Home-page: https://github.com/vinayak-mehta/conrad
Author: Vinayak Mehta
Author-email: vmehta94@gmail.com
License: Apache 2.0
Platform: UNKNOWN
Classifier: License :: OSI Approved :: Apache Software License
Classifier: Programming Language :: Python :: 3.6
Classifier: Programming Language :: Python :: 3.7
Classifier: Programming Language :: Python :: 3.8
Description-Content-Type: text/markdown
Requires-Dist: Click (>=7.0)
...
Provides-Extra: dev
Requires-Dist: Sphinx (>=2.2.1) ; extra == 'dev'
...
Package metadata has evolved a lot over the years.

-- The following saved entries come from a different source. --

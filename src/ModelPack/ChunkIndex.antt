-- ===== src/ModelPack/ChunkIndex.antt =====
-- The validation of a chunk index: `validateChunkIndex` and what it calls of
-- images/controller/internal/adapters/modelpack/oci/chunk_layout.go. `sort.Slice` may put chunks of one
-- offset in any order; such chunks are refused in every order, and here they keep theirs. A file's path is
-- checked by a function that is given (`archiveio.RelativePath` in Paths.antt).
pub mod Paths
pub mod Tiles
pub mod Whole
use ai_models.Prelude.{
  ℕ, suc, ◌+◌, ◌-◌, ◌*◌, ◌^◌, ◌≡◌, String, Bool, true, false, not, ◌&&◌, ◌||◌, ◌==◌, List, [], ◌∷◌,
  Option, none, some, if◌then◌else◌, is_some, length,
}
use ai_models.Prelude.Text.{is_empty, trim_space, str_eq}
use ai_models.Prelude.Int64.{Int64, add64, sub64, lt64, le64, half}
use ai_models.Prelude.Assoc.{lookup, insert, member}
use ai_models.Publication.Handle.{Result, ok, err}
use ai_models.ModelPack.Results.{◌>>=◌}
use ai_models.ModelPack.Layers.{ChunkLayerDescriptor, is_chunk_pack_media_type}

abbrev pub max_chunk_payload_bytes : Int64
max_chunk_payload_bytes = 512 * 1024 * 1024

abbrev pub max_int64 : Int64
max_int64 = half - 1

pub record Chunk : Type 0 where
  pub index : Int64
  pub offset : Int64
  pub uncompressed_size_bytes : Int64
  pub stored_size_bytes : Int64
  pub stored_digest : String
  pub compression : String
  pub pack : String
  pub pack_offset : Int64
  pub pack_length : Int64

pub record File : Type 0 where
  pub path : String
  pub size_bytes : Int64
  pub digest : String
  pub chunks : List Chunk

pub record Pack : Type 0 where
  pub id : String
  pub digest : String
  pub size_bytes : Int64
  pub media_type : String

pub record ChunkIndexDocument : Type 0 where
  pub schema_version : String
  pub chunk_size_bytes : Int64
  pub files : List File
  pub packs : List Pack

abbrev pub check : Bool → String → Result (Unit {0}) → Result (Unit {0})
check wrong e rest = if wrong then err e else rest

abbrev pub is_compression : String → Bool
is_compression c = is_empty c || str_eq c "none" || str_eq c "zstd"

-- The range of a chunk in its pack.
unfoldable pub validate_range : Chunk → Option Pack → Result (Unit {0})
validate_range c none = err "chunk references missing pack"
validate_range c (some p) =
    check (lt64 c.pack_offset 0 || le64 c.pack_length 0) "chunk pack range must be positive" (
      check (lt64 max_chunk_payload_bytes c.pack_length)
        "chunk packLength must not exceed the limit"
        (check (lt64 (sub64 max_int64 c.pack_length) c.pack_offset)
          "chunk pack range overflows int64"
          (check (lt64 p.size_bytes (add64 c.pack_offset c.pack_length))
            "chunk pack range exceeds pack size"
            (check (not (c.stored_size_bytes == c.pack_length))
              "chunk storedSizeBytes must match packLength" (ok tt)))))

unfoldable pub validate_chunk : Chunk → List (String × Pack) → Result (Unit {0})
unfolding validate_range
validate_chunk c packs =
    check (le64 c.uncompressed_size_bytes 0) "chunk uncompressedSizeBytes must be positive" (
      check (lt64 max_chunk_payload_bytes c.uncompressed_size_bytes)
        "chunk uncompressedSizeBytes must not exceed the limit"
        (check (le64 c.stored_size_bytes 0) "chunk storedSizeBytes must be positive" (
          check (lt64 max_chunk_payload_bytes c.stored_size_bytes)
            "chunk storedSizeBytes must not exceed the limit"
            (check (is_empty (trim_space c.stored_digest)) "chunk storedDigest must not be empty" (
              check (not (is_compression (trim_space c.compression)))
                "chunk has unsupported compression"
                (validate_range c (lookup (trim_space c.pack) packs)))))))

abbrev pub insert_by_offset : Chunk → List Chunk → List Chunk
insert_by_offset c [] = c ∷ []
insert_by_offset c (d ∷ chunks) =
    if le64 c.offset d.offset then c ∷ d ∷ chunks else d ∷ insert_by_offset c chunks

unfoldable pub sort_by_offset : List Chunk → List Chunk
sort_by_offset [] = []
sort_by_offset (c ∷ chunks) = insert_by_offset c (sort_by_offset chunks)

-- The loop over the sorted chunks, with the offset that it expects.
unfoldable pub validate_chunks : ℕ → Int64 → List Chunk → List (String × Pack) → Result Int64
validate_chunks position expected [] packs = ok expected
validate_chunks position expected (c ∷ chunks) packs =
    let rest =
      validate_chunks (suc position) (add64 expected c.uncompressed_size_bytes) chunks packs in
    if not (c.index == position)
    then err "chunk index must be its position"
    else if not (c.offset == expected)
    then err "chunk index file has gap or overlap"
    else validate_chunk c packs >>= λ _.
        if lt64 (sub64 max_int64 c.uncompressed_size_bytes) expected
        then err "chunk index file chunks exceed int64 size limit"
        else rest

abbrev pub covers_size : Int64 → Int64 → Result (Unit {0})
covers_size size covered =
    check (not (covered == size)) "chunk index file chunks do not cover its size" (ok tt)

abbrev pub is_nil_list : {A : Type 0} → List A → Bool
is_nil_list [] = true
is_nil_list (x ∷ xs) = false

unfoldable pub validate_file : File → List (String × Pack) → Result (Unit {0})
unfolding validate_chunks sort_by_offset
validate_file f packs = check (le64 f.size_bytes 0) "chunk index file sizeBytes must be positive" (
    check (is_empty (trim_space f.digest)) "chunk index file digest must not be empty" (
      check (is_nil_list f.chunks) "chunk index file must contain at least one chunk"
        (validate_chunks 0 0 (sort_by_offset f.chunks) packs >>= covers_size f.size_bytes)))

-- What the loop over the packs has seen.
pub record SeenPacks : Type 0 where
  pub by_id : List (String × Pack)
  pub digests : List String

abbrev pub clean : Pack → Pack
clean p = record p {
  id = trim_space p.id;
  digest = trim_space p.digest;
  media_type = trim_space p.media_type;
}

-- A pack against its layer in the manifest.
unfoldable pub match_layer : Pack → Option ChunkLayerDescriptor → Result (Unit {0})
match_layer p none = err "chunk index pack is not present in manifest layers"
match_layer p (some l) =
    check (not (l.size == p.size_bytes)) "chunk index pack sizeBytes does not match manifest size" (
      check (not (str_eq l.media_type p.media_type))
        "chunk index pack mediaType does not match manifest mediaType" (ok tt))

unfoldable pub validate_pack :
    Pack → SeenPacks → List (String × ChunkLayerDescriptor) → Result SeenPacks
unfolding match_layer
validate_pack p seen manifest =
    check (is_empty p.id) "chunk index pack id must not be empty" (
      check (is_some (lookup p.id seen.by_id)) "chunk index duplicate pack id" (
        check (is_empty p.digest) "chunk index pack digest must not be empty" (
          check (le64 p.size_bytes 0) "chunk index pack sizeBytes must be positive" (
            check (not (is_chunk_pack_media_type p.media_type))
              "chunk index pack has unsupported mediaType"
              (match_layer p (lookup p.digest manifest))))))
    >>= λ _.
        if member p.digest seen.digests
        then err "chunk index duplicate pack digest"
        else ok record { by_id = insert p.id p seen.by_id; digests = p.digest ∷ seen.digests }

unfoldable pub validate_packs_loop :
    SeenPacks → List Pack → List (String × ChunkLayerDescriptor) → Result SeenPacks
unfolding validate_pack
validate_packs_loop seen [] manifest = ok seen
validate_packs_loop seen (p ∷ packs) manifest =
    validate_pack (clean p) seen manifest >>= λ next. validate_packs_loop next packs manifest

abbrev pub count_matches :
    List (String × ChunkLayerDescriptor) → SeenPacks → Result (List (String × Pack))
count_matches manifest seen =
    if not (length seen.by_id == length manifest)
    then err "chunk index packs must match manifest chunk pack layers"
    else ok seen.by_id

unfoldable pub validate_packs :
    List Pack → List (String × ChunkLayerDescriptor) → Result (List (String × Pack))
unfolding validate_packs_loop
validate_packs packs manifest =
    if is_nil_list packs
    then err "chunk index must contain at least one pack"
    else validate_packs_loop record { by_id = []; digests = [] } packs manifest
      >>= count_matches manifest

module _ (relative_path : String → Result String) where
  -- The loop over the files, with the paths that it has seen.
  unfoldable pub validate_files : List String → List File → List (String × Pack) → Result (Unit {0})
  unfolding validate_file
  validate_files seen [] packs = ok tt
  validate_files seen (f ∷ files) packs = relative_path f.path >>= λ path.
      check (str_eq path ".") "chunk index file path must not be root" (
        check (member path seen) "chunk index duplicate file path"
          (validate_file f packs >>= λ _. validate_files (path ∷ seen) files packs))

  unfoldable pub validate_chunk_index :
      ChunkIndexDocument → List (String × ChunkLayerDescriptor) → Result (Unit {0})
  unfolding validate_files validate_packs
  validate_chunk_index d manifest =
      check (not (str_eq (trim_space d.schema_version) "modelpack.chunked.v1"))
        "chunk index schemaVersion is not supported"
        (check (le64 d.chunk_size_bytes 0) "chunk index chunkSizeBytes must be positive" (
          check (lt64 max_chunk_payload_bytes d.chunk_size_bytes)
            "chunk index chunkSizeBytes must not exceed the limit"
            (validate_packs d.packs manifest >>= λ packs.
              check (is_nil_list d.files) "chunk index must contain at least one file"
                (validate_files [] d.files packs))))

You can see the evolution if you go through the following PEPs:
- PEP 241 -
Metadata-Version: 1.0 - PEP 314 -
Metadata-Version: 1.1 - PEP 345 -
Metadata-Version: 1.2 - PEP 566 -
Metadata-Version: 2.1
Each PEP shows a summary of differences from the last one. Between PEPs 345 and 566, there was also PEP 426 which defined the Metadata-Version: 2.0.

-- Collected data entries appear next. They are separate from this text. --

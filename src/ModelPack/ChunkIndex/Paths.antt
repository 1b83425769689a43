-- ===== src/ModelPack/ChunkIndex/Paths.antt =====
-- The path of a file or of an archive's entry: `RelativePath` of
-- images/controller/internal/support/archiveio/archiveio.go. `filepath.Join` puts parts together that need
-- no cleaning, since none is empty, "." or "..".
use Prim.Native.Char.{Char, code}
use Prim.Native.String
use ai_models.Prelude.{
  ◌≡◌, refl, sym, subst, ◌⊎◌, inl, inr, String, Bool, true, false, ◌||◌, ◌==◌, List, [], ◌∷◌,
  if◌then◌else◌, Bool-cases, All,
}
use ai_models.Prelude.Text.{is_empty, trim_space, str_eq}
use ai_models.Publication.Handle.{Result, ok, err}
use ai_models.ModelPack.Results.{◌>>=◌, ok_same, >>=-ok}

-- `strings.ReplaceAll(name, "\\", "/")`.
replace_backslashes : String → String
replace_backslashes String.[] = String.[]
replace_backslashes (String.◌∷◌ c s) =
    if code c == 92
    then String.◌∷◌ "/" (replace_backslashes s)
    else String.◌∷◌ c (replace_backslashes s)

prepend : Char → List String → List String
prepend c [] = String.◌∷◌ c String.[] ∷ []
prepend c (part ∷ parts) = String.◌∷◌ c part ∷ parts

-- `strings.Split(name, "/")`.
split : String → List String
unfolding prepend
split String.[] = String.[] ∷ []
split (String.◌∷◌ c s) =
    let rest = split s in if code c == 47 then String.[] ∷ rest else prepend c rest

abbrev pub join : List String → String
join [] = ""
join (part ∷ []) = part
join (part ∷ next ∷ parts) = String.◌++◌ part (String.◌++◌ "/" (join (next ∷ parts)))

unfoldable pub relative_parts : List String → Result (List String)
relative_parts [] = ok []
relative_parts (part ∷ parts) =
    let rest = relative_parts parts in
    if is_empty part || str_eq part "."
    then rest
    else if str_eq part ".."
    then err "refusing to extract archive entry outside of destination"
    else rest >>= λ result. ok (part ∷ result)

abbrev pub joined : List String → Result String
joined [] = ok "."
joined (part ∷ parts) = ok (join (part ∷ parts))

unfoldable pub relative_path : String → Result String
unfolding relative_parts split replace_backslashes
relative_path name =
    if is_empty (trim_space (replace_backslashes name))
    then err "archive entry name must not be empty"
    else relative_parts (split (trim_space (replace_backslashes name))) >>= joined

pub has_slash : String → Bool
has_slash String.[] = false
has_slash (String.◌∷◌ c s) = code c == 47 || has_slash s

-- A part that names something below its directory.
abbrev pub IsPlain : String → Type 0
IsPlain part =
    (is_empty part ≡ false)
    × (str_eq part "." ≡ false)
    × (str_eq part ".." ≡ false)
    × (has_slash part ≡ false)

abbrev HasNoSlash : String → Type 0
HasNoSlash part = has_slash part ≡ false

prepend-HasNoSlash :
    (c : Char) (parts : List String)
    → code c == 47 ≡ false
    → All HasNoSlash parts
    → All HasNoSlash (prepend c parts)
unfolding prepend has_slash
prepend-HasNoSlash c [] h a = (rw h, tt)
prepend-HasNoSlash c (part ∷ parts) h a = (rw h a.0, a.1)

split-HasNoSlash : (s : String) → All HasNoSlash (split s)
unfolding split has_slash
split-HasNoSlash String.[] = (refl, tt)
split-HasNoSlash (String.◌∷◌ c s) = elim (Bool-cases (code c == 47)) [
  | inl slash ↦ rw slash (refl, split-HasNoSlash s)
  | inr other ↦ rw other (prepend-HasNoSlash c (split s) other (split-HasNoSlash s))
]

or_false : (a b : Bool) → (a || b) ≡ false → a ≡ false
or_false true b h = absurd (cc)
or_false false b h = refl

or_false_right : (a b : Bool) → (a || b) ≡ false → b ≡ false
or_false_right true b h = absurd (cc)
or_false_right false b h = h

relative_parts-IsPlain :
    (parts result : List String)
    → All HasNoSlash parts
    → relative_parts parts ≡ ok result
    → All IsPlain result
unfolding relative_parts
relative_parts-IsPlain [] result a = λ h. subst (All IsPlain) (ok_same [] result h) tt
relative_parts-IsPlain (part ∷ parts) result a =
    elim (Bool-cases (is_empty part || str_eq part ".")) [
      | inl skipped ↦ rw skipped (relative_parts-IsPlain parts result a.1)
      | inr named ↦ rw named (elim (Bool-cases (str_eq part "..")) [
        | inl up ↦ rw up (λ h. absurd (cc))
        | inr plain ↦ rw plain (λ h.
            let step = >>=-ok (relative_parts parts) _ result h in
            subst (All IsPlain) (ok_same (part ∷ step.0) result step.2) (
              (
                or_false (is_empty part) _ named,
                or_false_right (is_empty part) _ named,
                plain,
                a.0,
              ),
              relative_parts-IsPlain parts step.0 a.1 step.1,
            ))
      ])
    ]

joined-IsPlain :
    (parts : List String) (path : String)
    → All IsPlain parts
    → joined parts ≡ ok path
    → (path ≡ ".") ⊎ ((parts : List String) × (path ≡ join parts) × All IsPlain parts)
joined-IsPlain [] path a h = inl (sym (ok_same _ path h))
joined-IsPlain (part ∷ parts) path a h = inr (part ∷ parts, sym (ok_same _ path h), a)

-- A path that is returned for a name is "." or joins parts of which none is empty, "." or ".." or
-- has a slash.
pub relative_path-IsPlain :
    (name path : String)
    → relative_path name ≡ ok path
    → (path ≡ ".") ⊎ ((parts : List String) × (path ≡ join parts) × All IsPlain parts)
unfolding relative_path
relative_path-IsPlain name path =
    elim (Bool-cases (is_empty (trim_space (replace_backslashes name)))) [
      | inl empty ↦ rw empty (λ h. absurd (cc))
      | inr filled ↦ rw filled (λ h.
          let step =
            >>=-ok (relative_parts (split (trim_space (replace_backslashes name)))) _ path h in
          joined-IsPlain step.0 path
            (relative_parts-IsPlain (split (trim_space (replace_backslashes name))) step.0
              (split-HasNoSlash (trim_space (replace_backslashes name))) step.1)
            step.2)
    ]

It was deferred from December 2013 through to March 2017, until it was withdrawn in February 2018 in favour of PEP 566. During those four years, distutils-sig worked through a number of major changes (including the wheel format) which provided additional perspective on which metadata format changes were really needed and which changes could be omitted.

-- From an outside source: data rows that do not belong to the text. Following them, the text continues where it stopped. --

-- ===== src/ModelPack/ChunkIndex/Tiles.antt =====
-- What a file that was accepted covers.
use ai_models.Prelude.{
  ℕ, suc, ◌+◌, ◌≡◌, ◌∙◌, ◌<◌, ◌≤◌, refl, sym, ap, subst, String, Bool, false, ◌&&◌, List, [], ◌∷◌,
  Option, none, some, if◌then◌else◌, leb, ltb, inl, inr, arith, Bool-cases, All,
}
use ai_models.Prelude.Text.{trim_space}
use ai_models.Prelude.Int64.{add64, sub64, lt64, le64, half, modulus}
use ai_models.Prelude.Assoc.{lookup}
use ai_models.Publication.Handle.{Result, ok, err}
use ai_models.ModelPack.Results.{◌>>=◌, ok_same}
use ai_models.ModelPack.ChunkIndex.{
  Chunk, File, Pack, validate_range, validate_chunk, insert_by_offset, sort_by_offset,
  validate_chunks, covers_size, validate_file, max_int64, max_chunk_payload_bytes,
}

-- The patterns of a chunk are those of 64-bit integers.
pub record IsWords (c : Chunk) : Type 0 where
  pub size_word : c.uncompressed_size_bytes < modulus
  pub offset_word : c.pack_offset < modulus
  pub length_word : c.pack_length < modulus

-- Chunks that follow one another from `start` to `end`.
abbrev pub Tiles : ℕ → List Chunk → ℕ → Type 0
Tiles start [] end = start ≡ end
Tiles start (c ∷ chunks) end =
    (c.offset ≡ start)
    × (0 < c.uncompressed_size_bytes)
    × Tiles (start + c.uncompressed_size_bytes) chunks end

-- A chunk that is read from inside a pack.
abbrev pub IsWithin : List (String × Pack) → Chunk → Type 0
IsWithin packs c =
    (p : Pack) × (lookup (trim_space c.pack) packs ≡ some p)
    × (0 < c.pack_length)
    × (c.pack_offset + c.pack_length ≤ p.size_bytes)
    × (c.stored_size_bytes ≡ c.pack_length)

-- How many chunks hold a byte.
abbrev pub holds : ℕ → Chunk → Bool
holds b c = leb c.offset b && ltb b (c.offset + c.uncompressed_size_bytes)

abbrev pub holding : ℕ → List Chunk → ℕ
holding b [] = 0
holding b (c ∷ chunks) = (if holds b c then 1 else 0) + holding b chunks

validate_range-IsWithin :
    (c : Chunk) (packs : List (String × Pack)) (o : Option Pack)
    → IsWords c
    → lookup (trim_space c.pack) packs ≡ o
    → validate_range c o ≡ ok tt
    → IsWithin packs c
unfolding validate_range
validate_range-IsWithin c packs none w l h = absurd (cc)
validate_range-IsWithin c packs (some p) w l h = (p, l, ground arith, ground arith, ground arith)

validate_chunk-IsWithin :
    (c : Chunk) (packs : List (String × Pack))
    → IsWords c
    → validate_chunk c packs ≡ ok tt
    → IsWithin packs c
      × (0 < c.uncompressed_size_bytes)
      × (c.uncompressed_size_bytes ≤ max_chunk_payload_bytes)
unfolding validate_chunk
validate_chunk-IsWithin c packs w h = (
  validate_range-IsWithin c packs (lookup (trim_space c.pack) packs) w refl (ground arith),
  ground arith,
  ground arith,
)

-- A position below 2 ^ 63 plus a chunk's size, where the test found no overflow.
no_overflow :
    (expected size : ℕ)
    → expected < half
    → size ≤ max_chunk_payload_bytes
    → lt64 (sub64 max_int64 size) expected ≡ false
    → (add64 expected size ≡ expected + size) × (expected + size < half)
no_overflow expected size e s h = ground arith

-- The loop's parts, where it returns.
validate_chunks-parts :
    (position expected end : ℕ) (c : Chunk) (chunks : List Chunk) (packs : List (String × Pack))
    → validate_chunks position expected (c ∷ chunks) packs ≡ ok end
    → (c.offset ≡ expected)
      × (validate_chunk c packs ≡ ok tt)
      × (lt64 (sub64 max_int64 c.uncompressed_size_bytes) expected ≡ false)
      × (validate_chunks (suc position) (add64 expected c.uncompressed_size_bytes) chunks packs
          ≡ ok end)
unfolding validate_chunks
validate_chunks-parts position expected end c chunks packs h =
    (ground arith, ground arith, ground arith, ground arith)

pub validate_chunks-Tiles :
    (position expected end : ℕ) (chunks : List Chunk) (packs : List (String × Pack))
    → expected < half
    → All IsWords chunks
    → validate_chunks position expected chunks packs ≡ ok end
    → Tiles expected chunks end × (end < half) × All (IsWithin packs) chunks
unfolding validate_chunks
validate_chunks-Tiles position expected end [] packs e w h =
    let same = ok_same expected end h in (same, subst (λ x. x < half) same e, tt)
validate_chunks-Tiles position expected end (c ∷ chunks) packs e w h =
    let parts = validate_chunks-parts position expected end c chunks packs h in
    let chunk = validate_chunk-IsWithin c packs w.0 parts.1 in
    let sum = no_overflow expected c.uncompressed_size_bytes e chunk.2 parts.2 in
    let rest =
      validate_chunks-Tiles (suc position) (expected + c.uncompressed_size_bytes) end chunks packs
        sum.1 w.1
        (subst (λ x. validate_chunks (suc position) x chunks packs ≡ ok end) sum.0 parts.3) in
    ((parts.0, chunk.1, rest.0), rest.1, (chunk.0, rest.2))

Tiles-le : (start end : ℕ) (chunks : List Chunk) → Tiles start chunks end → start ≤ end
Tiles-le start end [] t = omega arith
Tiles-le start end (c ∷ chunks) t =
    omega (arith, Tiles-le (start + c.uncompressed_size_bytes) end chunks t.2)

-- Each byte of the range is in one chunk, and no other byte is in any.
Tiles-holding :
    (b start end : ℕ) (chunks : List Chunk)
    → Tiles start chunks end
    → holding b chunks ≡ (if leb start b && ltb b end then 1 else 0)
Tiles-holding b start end [] t = ground arith
Tiles-holding b start end (c ∷ chunks) t = ground (
  arith,
  Tiles-holding b (start + c.uncompressed_size_bytes) end chunks t.2,
  Tiles-le (start + c.uncompressed_size_bytes) end chunks t.2,
)

holding-insert_by_offset :
    (b : ℕ) (c : Chunk) (chunks : List Chunk)
    → holding b (insert_by_offset c chunks) ≡ holding b (c ∷ chunks)
holding-insert_by_offset b c [] = refl
holding-insert_by_offset b c (d ∷ chunks) = ground (arith, holding-insert_by_offset b c chunks)

holding-sort_by_offset :
    (b : ℕ) (chunks : List Chunk) → holding b (sort_by_offset chunks) ≡ holding b chunks
unfolding sort_by_offset
holding-sort_by_offset b [] = refl
holding-sort_by_offset b (c ∷ chunks) =
    holding-insert_by_offset b c (sort_by_offset chunks)
    ∙ ap (λ n. (if holds b c then 1 else 0) + n) (holding-sort_by_offset b chunks)

module _ (P : Chunk → Type 0) where
  All-insert_by_offset :
      (c : Chunk) (chunks : List Chunk) → P c → All P chunks → All P (insert_by_offset c chunks)
  All-insert_by_offset c [] p h = (p, tt)
  All-insert_by_offset c (d ∷ chunks) p h = elim (Bool-cases (le64 c.offset d.offset)) [
    | inl before ↦ rw before (p, h)
    | inr after ↦ rw after (h.0, All-insert_by_offset c chunks p h.1)
  ]

  All-sort_by_offset : (chunks : List Chunk) → All P chunks → All P (sort_by_offset chunks)
  unfolding sort_by_offset
  All-sort_by_offset [] h = tt
  All-sort_by_offset (c ∷ chunks) h =
      All-insert_by_offset c (sort_by_offset chunks) h.0 (All-sort_by_offset chunks h.1)

  insert_by_offset-All :
      (c : Chunk) (chunks : List Chunk) → All P (insert_by_offset c chunks) → P c × All P chunks
  insert_by_offset-All c [] = λ h. h
  insert_by_offset-All c (d ∷ chunks) = elim (Bool-cases (le64 c.offset d.offset)) [
    | inl before ↦ rw before (λ h. h)
    | inr after ↦
        rw after (λ h. let rest = insert_by_offset-All c chunks h.1 in (rest.0, (h.0, rest.1)))
  ]

  sort_by_offset-All : (chunks : List Chunk) → All P (sort_by_offset chunks) → All P chunks
  unfolding sort_by_offset
  sort_by_offset-All [] h = tt
  sort_by_offset-All (c ∷ chunks) h =
      let both = insert_by_offset-All c (sort_by_offset chunks) h in
      (both.0, sort_by_offset-All chunks both.1)

covers_size-ok : (size : ℕ) (r : Result ℕ) → (r >>= covers_size size) ≡ ok tt → r ≡ ok size
covers_size-ok size (ok covered) h = ap ok (ground arith)
covers_size-ok size (err e) h = absurd (cc)

validate_file-parts :
    (f : File) (packs : List (String × Pack))
    → validate_file f packs ≡ ok tt
    → validate_chunks 0 0 (sort_by_offset f.chunks) packs ≡ ok f.size_bytes
unfolding validate_file
validate_file-parts f packs h =
    covers_size-ok f.size_bytes (validate_chunks 0 0 (sort_by_offset f.chunks) packs) (ground arith)

-- A file
pub validate_file-holding :
    (f : File) (packs : List (String × Pack)) (b : ℕ)
    → All IsWords f.chunks
    → validate_file f packs ≡ ok tt
    → holding b f.chunks ≡ (if ltb b f.size_bytes then 1 else 0)
validate_file-holding f packs b w h =
    let t =
      validate_chunks-Tiles 0 0 f.size_bytes (sort_by_offset f.chunks) packs (omega arith)
        (All-sort_by_offset IsWords f.chunks w) (validate_file-parts f packs h) in
    sym (holding-sort_by_offset b f.chunks)
    ∙ Tiles-holding b 0 f.size_bytes (sort_by_offset f.chunks) t.0
    ∙ ground arith

-- The chunks
pub validate_file-IsWithin :
    (f : File) (packs : List (String × Pack))
    → All IsWords f.chunks
    → validate_file f packs ≡ ok tt
    → All (IsWithin packs) f.chunks × (f.size_bytes < half)
validate_file-IsWithin f packs w h =
    let t =
      validate_chunks-Tiles 0 0 f.size_bytes (sort_by_offset f.chunks) packs (omega arith)
        (All-sort_by_offset IsWords f.chunks w) (validate_file-parts f packs h) in
    (sort_by_offset-All (IsWithin packs) f.chunks t.2, t.1)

More recently, PEP 639 has been proposed to add support for SPDX license identifiers to the metadata! It defines the Metadata-Version: 2.2.
RECORD
The contents of conference_radar-0.8.0.dist-info/RECORD look like this:
conrad/__init__.py,sha256=9CLWqIDZ3zdQaWPSE8_MkeYDrkBiMiTRtwvjgH6PMlg,264
...
crawlers/__init__.py,sha256=kjZ6-dgMlTllgh-dgF9oNaSj16zqrkHepkLbRWQnxL4,273
...
conference_radar-0.8.0.dist-info/WHEEL,sha256=g4nMs7d-Xl9-xC9XovUrsDHGXt-FT0E17Yqo92DEfvY,92
conference_radar-0.8.0.dist-info/METADATA,sha256=U3nNq16oYEGW4QXWOEqieH8sLGUHyOi_1wtH36LXHZQ,5735
conference_radar-0.8.0.dist-info/LICENSE,sha256=Bz1pUCrLkNY-AJBPeFhvBV-nTInGGHl5Omfru8Sfs1M,11343
conference_radar-0.8.0.dist-info/entry_points.txt,sha256=ksgimi9VMCvimad9n9R7Yd0uSRX1jcd5kIGxylMd7v4,49
conference_radar-0.8.0.dist-info/top_level.txt,sha256=fKXJ9FYqwcB8otyOU2HQErWf3TcLK3Dqc6rH1qK-Lp0,16
conference_radar-0.8.0.dist-info/RECORD,,
The RECORD file holds a list of all the installed files, which allows the implementation of an uninstall command! It is a CSV, composed of records, one line per installed file. The csv module is used to read the file, with these options:
- field delimiter:
, - quoting char: `
- line terminator:
os.linesep(so\r\nor\n)
Each record is composed of three elements:
- the file's path
- a hash of the file's contents. The hash is either the empty string or the hash algorithm as named in
hashlib.algorithms_guaranteed, followed by the equals character=, followed by the urlsafe-base64-nopad encoding of the digest (base64.urlsafe_b64encode(digest)with trailing = removed). - the file's size in bytes
There's also PEP 491 which defines version 1.9 of the wheel format, but it is currently deferred, with Python packaging improvements currently focusing on the package build process rather than expanding the wheel format to cover additional use cases.